McGonigle Terence A, Dwyer Amy R, Greenland Eloise L, Scott Naomi M, Keane Kevin N, Newsholme Philip, Goodridge Helen S, Zon Leonard I, Pixley Fiona J, Hart Prue H
Telethon Kids Institute, University of Western Australia, West Perth, Western Australia, Australia.
School of Biomedical Sciences, University of Western Australia, Western Australia, Australia.
Exp Hematol. 2017 Dec;56:64-68. doi: 10.1016/j.exphem.2017.08.002. Epub 2017 Aug 16.

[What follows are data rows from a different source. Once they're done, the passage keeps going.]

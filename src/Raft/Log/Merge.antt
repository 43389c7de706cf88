-- ===== src/Raft/Log/Merge.antt =====
-- What a successful AppendEntries leaves in the log: consequences of `splice-eq-merge`.
use ferrium.Common.{
  ℕ, zero, suc, ◌+◌, ◌-◌, ◌≤◌, ◌<◌, ◌≡◌, refl, ap, List, [], ◌∷◌, ◌++◌, length, get_elem?, take,
  drop, arith, u64_mod, length-append, length-drop, get_elem?-append_left, get_elem?-append_right,
  get_elem?-take, length-take_of_le, take-append-drop, take-append_of_length, drop-append_of_length,
  take-length,
}
use mathlib.Core.Option
use ferrium.Raft.Log.{LogEntry, RaftLog, get, term_at, splice}
use ferrium.Raft.Log.Index.{Fits, entry_term, get_lem, term_at_lem}
use ferrium.Raft.Log.Splice.{merge, splice-eq-merge}

pub length-merge : (es is : List LogEntry) → length is ≤ length (merge es is)
unfolding merge
length-merge es [] = omega arith
length-merge [] (i ∷ is) = omega arith
length-merge (e ∷ es) (i ∷ is) = ground (arith, length-merge es is)

pub length-merge-le : (es is : List LogEntry) → length (merge es is) ≤ length es + length is
unfolding merge
length-merge-le es [] = omega arith
length-merge-le [] (i ∷ is) = omega arith
length-merge-le (e ∷ es) (i ∷ is) = ground (arith, length-merge-le es is)

term-merge :
    (es is : List LogEntry) (j : ℕ)
    → j < length is
    → Option.map entry_term (get_elem? (merge es is) j) ≡ Option.map entry_term (get_elem? is j)
unfolding merge
term-merge es [] j h = elim h [ ]
term-merge [] (i ∷ is) j h = refl
term-merge (e ∷ es) (i ∷ is) zero h = ground arith
term-merge (e ∷ es) (i ∷ is) (suc j) h = ground (arith, term-merge es is j)

-- Two lists of entries agree where their terms do: the log matching property, which a single
-- leader per term gives.
abbrev pub Matching : List LogEntry → List LogEntry → Type 0
Matching (e ∷ es) (i ∷ is) = (e.term ≡ i.term → e ≡ i) × Matching es is
Matching _ _ = Unit

-- Every entry of the second list has a partner of the same term in the first.
abbrev pub Covers : List LogEntry → List LogEntry → Type 0
Covers es [] = Unit
Covers [] (i ∷ is) = ⊥
Covers (e ∷ es) (i ∷ is) = (e.term ≡ i.term) × Covers es is

merge-Covers : (es is : List LogEntry) → Covers es is → merge es is ≡ es
unfolding merge
merge-Covers es [] c = refl
merge-Covers [] (i ∷ is) c = absurd c
merge-Covers (e ∷ es) (i ∷ is) c = ground (arith, merge-Covers es is c.1)

take-merge : (es is : List LogEntry) → Matching es is → take (length is) (merge es is) ≡ is
unfolding merge
take-merge es [] m = refl
take-merge [] (i ∷ is) m = rw (take-length is)
take-merge (e ∷ es) (i ∷ is) m = ground (arith, take-length is, take-merge es is m.1)

merge_self : (is : List LogEntry) → merge is is ≡ is
unfolding merge
merge_self [] = refl
merge_self (i ∷ is) = ground (arith, merge_self is)

merge-merge : (es is : List LogEntry) → merge (merge es is) is ≡ merge es is
unfolding merge
merge-merge es [] = refl
merge-merge [] (i ∷ is) = merge_self (i ∷ is)
merge-merge (e ∷ es) (i ∷ is) = ground (arith, merge-merge es is, merge_self is)

module _ (log : RaftLog) (prev : ℕ) (incoming : List LogEntry) (lo : log.snapshot_index ≤ prev)
    (hi : prev ≤ log.snapshot_index + length log.entries)
    (fits : log.snapshot_index + length log.entries + length incoming + 1 < u64_mod) where
  abbrev pub k : ℕ
  k = prev - log.snapshot_index

  abbrev pub merged : List LogEntry
  merged = take k log.entries ++ merge (drop k log.entries) incoming

  pub length-merged : length merged ≡ k + length (merge (drop k log.entries) incoming)
  length-merged = omega (
    arith,
    length-append (take k log.entries) (merge (drop k log.entries) incoming),
    length-take_of_le k log.entries,
  )

  pub length-merged-le : length merged ≤ length log.entries + length incoming
  length-merged-le = omega (
    arith,
    length-merged,
    length-merge-le (drop k log.entries) incoming,
    length-drop k log.entries,
  )

  pub Fits-splice : Fits (splice prev incoming log).0
  Fits-splice = rw (splice-eq-merge log prev incoming lo hi fits) (omega (arith, length-merged-le))

  pub entries-splice : (splice prev incoming log).0.entries ≡ merged
  entries-splice = ap (λ (l : RaftLog). l.entries) (splice-eq-merge log prev incoming lo hi fits)

  get-merged_prefix : (i : ℕ) → i < k → get_elem? merged i ≡ get_elem? log.entries i
  get-merged_prefix i h = ground (
    arith,
    length-take_of_le k log.entries,
    get_elem?-append_left (take k log.entries) (merge (drop k log.entries) incoming) i,
    get_elem?-take k log.entries i,
  )

  pub get-merged_suffix :
      (j : ℕ) → get_elem? merged (k + j) ≡ get_elem? (merge (drop k log.entries) incoming) j
  get-merged_suffix j =
      let e : k + j - k ≡ j = omega arith in
      ground (
        arith,
        e,
        length-take_of_le k log.entries,
        get_elem?-append_right (take k log.entries) (merge (drop k log.entries) incoming) (k + j),
      )

  offset : (j : ℕ) → prev + 1 + j - log.snapshot_index - 1 ≡ k + j
  offset j = omega arith

  -- Entries up to `prev_index` are untouched.
  pub get-splice_prefix : (i : ℕ) → i ≤ prev → get (splice prev incoming log).0 i ≡ get log i
  get-splice_prefix i h =
      rw (get_lem (splice prev incoming log).0 i Fits-splice, get_lem log i (omega arith))
        (rw (splice-eq-merge log prev incoming lo hi fits)
          (ground (arith, get-merged_prefix (i - log.snapshot_index - 1))))

  -- After `prev_index` the log holds the leader's terms, in order.
  pub term_at-splice :
      (j : ℕ)
      → j < length incoming
      → term_at (splice prev incoming log).0 (prev + 1 + j)
        ≡ Option.map entry_term (get_elem? incoming j)
  term_at-splice j h = rw (splice-eq-merge log prev incoming lo hi fits) (
      ground (
        arith,
        term_at_lem (record log { entries = merged }) (prev + 1 + j)
            (omega (arith, length-merged-le)),
        get-merged_suffix j,
        term-merge (drop k log.entries) incoming j,
      ))

  -- ... and the leader's entries themselves, if equal terms at equal indices mean equal entries.
  pub get-splice :
      (j : ℕ)
      → j < length incoming
      → Matching (drop k log.entries) incoming
      → get (splice prev incoming log).0 (prev + 1 + j) ≡ get_elem? incoming j
  get-splice j h m = rw (get_lem (splice prev incoming log).0 (prev + 1 + j) Fits-splice) (
      rw (splice-eq-merge log prev incoming lo hi fits) (
        ground (
          arith,
          offset j,
          get-merged_suffix j,
          take-merge (drop k log.entries) incoming m,
          get_elem?-take (length incoming) (merge (drop k log.entries) incoming) j,
        )))

  -- For a previous index between the snapshot point and the end of the log, and room for indices
  -- below 2^64, entries whose terms the log already has at their indices leave the log unchanged:
  -- a late or repeated message removes nothing.
  splice-Covers : Covers (drop k log.entries) incoming → (splice prev incoming log).0 ≡ log
  splice-Covers c =
      rw (splice-eq-merge log prev incoming lo hi fits)
        (rw (merge-Covers (drop k log.entries) incoming c, take-append-drop k log.entries))

-- For a previous index between the snapshot point and the end of the log, and room for indices
-- below 2^64, receiving the same entries twice leaves the log that receiving them once does.
pub splice-splice :
    (log : RaftLog) (prev : ℕ) (incoming : List LogEntry)
    → log.snapshot_index ≤ prev
    → prev ≤ log.snapshot_index + length log.entries
    → log.snapshot_index + length log.entries + length incoming + length incoming + 1 < u64_mod
    → (splice prev incoming (splice prev incoming log).0).0 ≡ (splice prev incoming log).0
splice-splice log prev incoming lo hi fits =
    let k = prev - log.snapshot_index in
    let tail = merge (drop k log.entries) incoming in
    let merged = take k log.entries ++ tail in
    let l : length (take k log.entries) ≡ k = length-take_of_le k log.entries (omega arith) in
    let bound = length-merged-le log prev incoming lo hi (omega arith) in
    let room = length-append (take k log.entries) tail in
    rw (splice-eq-merge log prev incoming lo hi (omega arith)) (
      rw
        (splice-eq-merge (record log { entries = merged }) prev incoming lo (omega arith)
          (omega arith))
        (rw (
          take-append_of_length k (take k log.entries) tail l,
          drop-append_of_length k (take k log.entries) tail l,
          merge-merge (drop k log.entries) incoming,
        )))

Monocytes/macrophages differentiating from bone marrow (BM) cells pulsed for 2 hours at 37°C with a stabilized derivative of prostaglandin E, 16,16-dimethyl PGE (dmPGE), migrated less efficiently toward a chemoattractant than monocytes/macrophages differentiated from BM cells pulsed with vehicle. To confirm that the effect on BM cells was long lasting and to replicate human BM transplantation, chimeric mice were established with donor BM cells pulsed for 2 hours with dmPGE before injection into marrow-ablated congenic recipient mice. After 12 weeks, when high levels (90%) of engraftment were obtained, regenerated BM-derived monocytes/macrophages differentiating in vitro or in vivo migrated inefficiently toward the chemokines colony-stimulating factor-1 (CSF-1) and chemokine (C-C motif) ligand 2 (CCL2) or thioglycollate, respectively. Our results reveal long-lasting changes to progenitor cells of monocytes/macrophages by a 2-hour dmPGE pulse that, in turn, limits the migration of their daughter cells to chemoattractants and inflammatory mediators.
在37°C下用前列腺素E的稳定衍生物16,16 - 二甲基PGE(dmPGE)脉冲处理2小时的骨髓(BM)细胞分化而来的单核细胞/巨噬细胞,与用赋形剂脉冲处理的BM细胞分化而来的单核细胞/巨噬细胞相比,向趋化因子迁移的效率更低。为了证实对BM细胞的影响是持久的,并复制人类BM移植,在用dmPGE脉冲处理2小时后,将供体BM细胞注射到骨髓消融的同基因受体小鼠中,建立嵌合小鼠。12周后,当获得高水平(90%)的植入时,在体外或体内分化的再生BM来源的单核细胞/巨噬细胞分别向趋化因子集落刺激因子-1(CSF-1)、趋化因子(C-C基序)配体2(CCL2)或巯基乙酸盐迁移的效率低下。我们的结果揭示了通过2小时的dmPGE脉冲对单核细胞/巨噬细胞祖细胞产生的持久变化,这反过来又限制了它们的子代细胞向趋化因子和炎症介质的迁移。